I am interested in the two books, so I wanted to hear the authors as they presented some of their thoughts and showed their mettle in the back-and-forth. The bottom line? Burns seems honest in her scholarship and sincere in her engagement. She said a lot of interesting things, and I want to hear more from her despite some weaknesses due to a lack of grounding in Rand’s system of thought. Heller didn’t come across nearly as well, which left me much less interested in her work. And then there’s Boaz.

Boaz began by speaking of the enduring influence of Rand, especially on libertarians and conservatives, and about the recent surge in interest in her and her work. He agreed with a Liberty magazine review of Heller’s book, saying that “There can be no question about the fact that Rand remains America’s most influential libertarian, with the possible exception of Milton Friedman, and America’s most influential novelist of ideas.” Extending this, Boaz characterized Atlas Shrugged as a libertarian book, and Rand as a libertarian who has done more than anybody in our time to introduce people to libertarian ideas.

What got my attention was Boaz’s treatment of the elephant in the room: he chuckled that many listening may wince at his talking that way, that indeed Rand would have disagreed with being classified as a libertarian (this would be an understatement) and that “many of her fans maintain that point even now.” He dismissed all of this, saying in effect that if it looks like a duck, walks like a duck, and quacks like a duck, then it’s a duck. You see, “anybody who believes in individual rights, free enterprise, and strictly limited government is a libertarian. And Ayn Rand certainly did.” QED. Yet, he informs us, somehow this impeccable logic is lost on the “high priests” of Rand’s estate, who refused to let any of her material appear in his book, The Libertarian Reader.

As an Objectivist, I see a different puzzle here: Many people, libertarians in particular, clearly admire and profit from Rand’s ability to analyze and integrate, to identify widespread and longstanding false alternatives and package deals time and again, and to then offer something better. So I find it odd that when they see Rand apparently ignoring the incredibly straightforward point that she fits their definition, that they don’t pause to consider whether there might be some more basic reason for her balking so.

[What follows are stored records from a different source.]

-- ===== src/Views/Joined.antt =====
-- core/internal/flow/flow.go: JoinViews only appends to the functions of the program, and does nothing to
-- a program that is joined already.
use sast_engine.Prelude.{
  ℕ, String, ◌≡◌, refl, inl, inr, true, ◌||◌, some, List, [], ◌∷◌, ◌++◌, contains, same, arith,
  Bool-cases, Option-cases, sym, ap, subst, none-not-some, some-injective, length,
}
use mathlib.Core.List.{append-nil, append_assoc}
use sast_engine.Ir.{Function, Value, Flow, Call}
use sast_engine.CallGraph.{func_by_id}
use sast_engine.Views.{View, ViewRead}
use sast_engine.Views.Reach.{cut, rebind_path, view_by_id, ReachedView, reach}
use sast_engine.Views.Resolve.{Resolved}
use sast_engine.Views.Join.{
  Program, Report, Writer, Piece, append_sink, change_last, write_sink, marker_piece,
  property_piece, render_read, render_reads, render_views, render, render_all, is_left, report_of,
  resolved_renders, join_views, sink_key,
}

abbrev pub appended : Function → List Value → List Flow → List Call → Function
appended fn vs fs cs = record fn {
  values = fn.values ++ vs;
  flows = fn.flows ++ fs;
  calls = fn.calls ++ cs;
}

-- Function by function, the second list is the first with values, flows and calls appended.
pub data Extended : List Function → List Function → Type 0 where
  done : Extended [] []
  more :
      (fn : Function) (fns gns : List Function) (vs : List Value) (fs : List Flow) (cs : List Call)
      → Extended fns gns
      → Extended (fn ∷ fns) (appended fn vs fs cs ∷ gns)

appended-nil : (fn : Function) → appended fn [] [] [] ≡ fn
appended-nil fn = simp (append-nil fn.values, append-nil fn.flows, append-nil fn.calls)

appended-appended :
    (fn : Function) (vs vs' : List Value) (fs fs' : List Flow) (cs cs' : List Call)
    → appended (appended fn vs fs cs) vs' fs' cs' ≡ appended fn (vs ++ vs') (fs ++ fs') (cs ++ cs')
appended-appended fn vs vs' fs fs' cs cs' =
    simp (append_assoc fn.values vs vs', append_assoc fn.flows fs fs', append_assoc fn.calls cs cs')

Extended-refl : (fns : List Function) → Extended fns fns
Extended-refl [] = done
Extended-refl (fn ∷ fns) =
    subst (λ g. Extended (fn ∷ fns) (g ∷ fns)) (appended-nil fn)
      (more fn fns fns [] [] [] (Extended-refl fns))

Extended-trans :
    (fns gns hns : List Function) → Extended fns gns → Extended gns hns → Extended fns hns
Extended-trans _ _ _ done done = done
Extended-trans _ _ _ (more fn fns gns vs fs cs m) (more _ _ hns vs' fs' cs' n) =
    subst (λ g. Extended (fn ∷ fns) (g ∷ hns)) (sym (appended-appended fn vs vs' fs fs' cs cs'))
      (more fn fns hns (vs ++ vs') (fs ++ fs') (cs ++ cs') (Extended-trans fns gns hns m n))

change_last-Extended :
    (id : String) (read : ViewRead) (block : String) (p : Piece) (fns : List Function)
    → Extended fns (change_last id (append_sink read block p) fns)
unfolding change_last append_sink
change_last-Extended id read block p [] = done
change_last-Extended id read block p (fn ∷ fns) = elim (Option-cases (func_by_id fns id)) [
  | inr (later, e) ↦
      rw (e, change_last)
        (subst (λ g. Extended (fn ∷ fns) (g ∷ change_last id (append_sink read block p) fns))
          (appended-nil fn)
          (more fn fns (change_last id (append_sink read block p) fns) [] [] []
            (change_last-Extended id read block p fns)))
  | inl e ↦ elim (Bool-cases (same fn.id id)) [
    | inl s ↦ rw (e, s, change_last) (more fn fns fns _ _ _ (Extended-refl fns))
    | inr s ↦ rw (e, s, change_last) (Extended-refl (fn ∷ fns))
  ]
]

module _ (start : List Function) where
  -- The functions of the writer are those at the start with something appended.
  abbrev IsAppended : Writer → Type 0
  IsAppended w = Extended start w.functions

  render_read-IsAppended :
      (fid : String) (r : Resolved) (reached : ReachedView) (read : ViewRead) (w : Writer)
      → IsAppended w
      → IsAppended (render_read fid r reached read w)
  unfolding render_read write_sink
  render_read-IsAppended fid r reached read w i =
      let c = cut (rebind_path read.path reached.rebind) in
      elim (Option-cases (r.bound c.0)) [
        | inl n ↦ rw (n, render_read) i
        | inr (src, e) ↦
            elim (Bool-cases (same src "" || contains w.seen (sink_key fid read src))) [
              | inl s ↦ rw (e, s, render_read) i
              | inr s ↦
                  rw (e, s, render_read)
                    (Extended-trans start w.functions _ i (
                      change_last-Extended fid read r.block
                        (marker_piece fid read r.block
                          (property_piece fid read src c.1 r.block w.n))
                        w.functions))
            ]
      ]

  render_reads-IsAppended :
      (fid : String) (r : Resolved) (reached : ReachedView) (reads : List ViewRead) (w : Writer)
      → IsAppended w
      → IsAppended (render_reads fid r reached reads w)
  unfolding render_reads
  render_reads-IsAppended fid r reached [] w i = i
  render_reads-IsAppended fid r reached (read ∷ reads) w i =
      render_reads-IsAppended fid r reached reads (render_read fid r reached read w)
        (render_read-IsAppended fid r reached read w i)

  render_views-IsAppended :
      (views : List View) (fid : String) (r : Resolved) (rs : List ReachedView) (w : Writer)
      → IsAppended w
      → IsAppended (render_views views fid r rs w)
  unfolding render_views
  render_views-IsAppended views fid r [] w i = i
  render_views-IsAppended views fid r (reached ∷ rs) w i =
      render_views-IsAppended views fid r rs _ (elim (Option-cases (view_by_id views reached.id)) [
        | inl n ↦ rw n i
        | inr (v, e) ↦ rw e (render_reads-IsAppended fid r reached v.reads w i)
      ])

  render-IsAppended :
      (fuel : ℕ) (views : List View) (r : Resolved) (w w' : Writer)
      → IsAppended w
      → render fuel views r w ≡ some w'
      → IsAppended w'
  unfolding render
  render-IsAppended fuel views r w w' i h =
      elim (Option-cases (func_by_id w.functions r.function)) [
        | inl n ↦
            let e : some w ≡ some w' = rw (n, render) at h in
            subst IsAppended (some-injective w w' e) i
        | inr (fn, known) ↦ elim (Option-cases (reach views fuel r.view)) [
          | inl n ↦ absurd (none-not-some w' (rw (known, n, render) at h))
          | inr (rs, e) ↦
              let eq : some (render_views views fn.id r rs w) ≡ some w' =
                rw (known, e, render) at h in
              subst IsAppended (some-injective (render_views views fn.id r rs w) w' eq)
                (render_views-IsAppended views fn.id r rs w i)
        ]
      ]

  pub render_all-IsAppended :
      (fuel : ℕ) (views : List View) (rs : List Resolved) (w w' : Writer)
      → IsAppended w
      → render_all fuel views rs w ≡ some w'
      → IsAppended w'
  unfolding render_all
  render_all-IsAppended fuel views [] w w' i h = subst IsAppended (some-injective w w' h) i
  render_all-IsAppended fuel views (r ∷ rs) w w' i h = elim (Option-cases (render fuel views r w)) [
    | inl n ↦ absurd (none-not-some w' (rw (n, render_all) at h))
    | inr (mid, e) ↦
        render_all-IsAppended fuel views rs mid w' (render-IsAppended fuel views r w mid i e)
          (rw (e, render_all) at h)
  ]

is_left_joined : (p : Program) → p.views_joined ≡ true → is_left p ≡ true
unfolding is_left
is_left_joined p h = ground (arith, h)

join_views-left :
    (fuel : ℕ) (p : Program) → is_left p ≡ true → join_views fuel p ≡ some (p, report_of p 0 0)
unfolding join_views
join_views-left fuel p h = rw (h, join_views) refl

-- what the join keeps of a program
abbrev IsJoin : Program → Program → Type 0
IsJoin p q =
    Extended p.functions q.functions
    × (q.views ≡ p.views)
    × (q.renders ≡ p.renders)
    × ((again : ℕ) → join_views again q ≡ some (q, report_of q 0 0))

-- JoinViews, if it ends, returns the functions in their order, each with values, flows and calls appended
-- and otherwise unchanged, the views and the renders unchanged, and a program that it leaves alone when
-- it is given it again.
pub join_views-Extended :
    (fuel : ℕ) (p q : Program) (rep : Report)
    → join_views fuel p ≡ some (q, rep)
    → Extended p.functions q.functions
      × (q.views ≡ p.views)
      × (q.renders ≡ p.renders)
      × ((again : ℕ) → join_views again q ≡ some (q, report_of q 0 0))
unfolding join_views
join_views-Extended fuel p q rep h = elim (Bool-cases (is_left p)) [
  | inl left ↦
      let e : some (p, report_of p 0 0) ≡ some (q, rep) = rw (left, join_views) at h in
      subst (IsJoin p) (first (p, report_of p 0 0) (q, rep) e)
        (Extended-refl p.functions, refl, refl, λ again. join_views-left again p left)
  | inr go ↦ elim (Option-cases (render_all fuel p.views (resolved_renders p) (start p))) [
    | inl n ↦ absurd (none-not-some (q, rep) (rw (go, n, join_views) at h))
    | inr (w, ran) ↦
        let q' : Program = record p { functions = w.functions; views_joined = true } in
        let e : some (q', report_of p (length (resolved_renders p)) w.written) ≡ some (q, rep) =
          rw (go, ran, join_views) at h in
        subst (IsJoin p)
          (first (q', report_of p (length (resolved_renders p)) w.written) (q, rep) e)
          (
            render_all-IsAppended p.functions fuel p.views (resolved_renders p) (start p) w
                (Extended-refl p.functions) ran,
            refl,
            refl,
            λ again. join_views-left again q' (is_left_joined q' refl),
          )
  ]
]
  where
    start : Program → Writer
    start p = record { functions = p.functions; seen = []; n = 0; written = 0 }

    first : (x y : Program × Report) → some x ≡ some y → x.0 ≡ y.0
    first x y e = ap (λ (w : Program × Report). w.0) (some-injective x y e)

And of course there is. Here’s a hint: it’s an epistemology thing.

Concepts are important. They are how we organize our knowledge of the world so we can act in service to our lives. Good concepts are immensely helpful (see the basic ideas that ushered in the fruits of the Enlightenment and Industrial Revolution), and bad ones can really hurt us. What if, for example, your moral system left you seeing the bully and the victim who fights back as morally indistinguishable? As we’ve seen with pacifism, the result of such thinking is unjust and destructive to all concerned, both personally and socially: victims are morally if not legally discouraged from defending themselves, predators are only emboldened, and this view naturally translates to unjust and destructive cultural sentiments, laws, and policies like those against simply “violence”. So it makes all the difference to distinguish sharply between aggressive and defensive use of force because these are in fact morally opposite things with existentially opposite effects on human lives. Examples abound, but the general point to appreciate is that Objectivists are methodologically careful about this sort of thing because they grasp that accepting any concept which treats essentially identical things as opposites, or opposite things as essentially identical, ultimately means inviting difficulty if not disaster in our efforts to successfully navigate reality.

Now consider the libertarian way of thinking about political classification. Rejecting the generally useless left-right spectrum, they offer a two-dimensional approach based on degrees of personal and economic freedom which is often shared via their educational and recruiting tool, the Nolan Chart. In this view, libertarianism is neither left nor right, and it stands fundamentally opposed to totalitarianism. This sets up the natural axis of size or extent of government as their key normative criterion, which is pretty easy to pick out in their policies and rhetoric and reactions to world events. This is also why libertarians have always had influential anarchists in their ranks: even those who might be wary of the “extreme” of anarchism have no principled objection to it because, in their own basic way of thinking, anarchism is the natural full opposite of the evil of totalitarianism — indeed, they have framed it as the pinnacle of libertarianism.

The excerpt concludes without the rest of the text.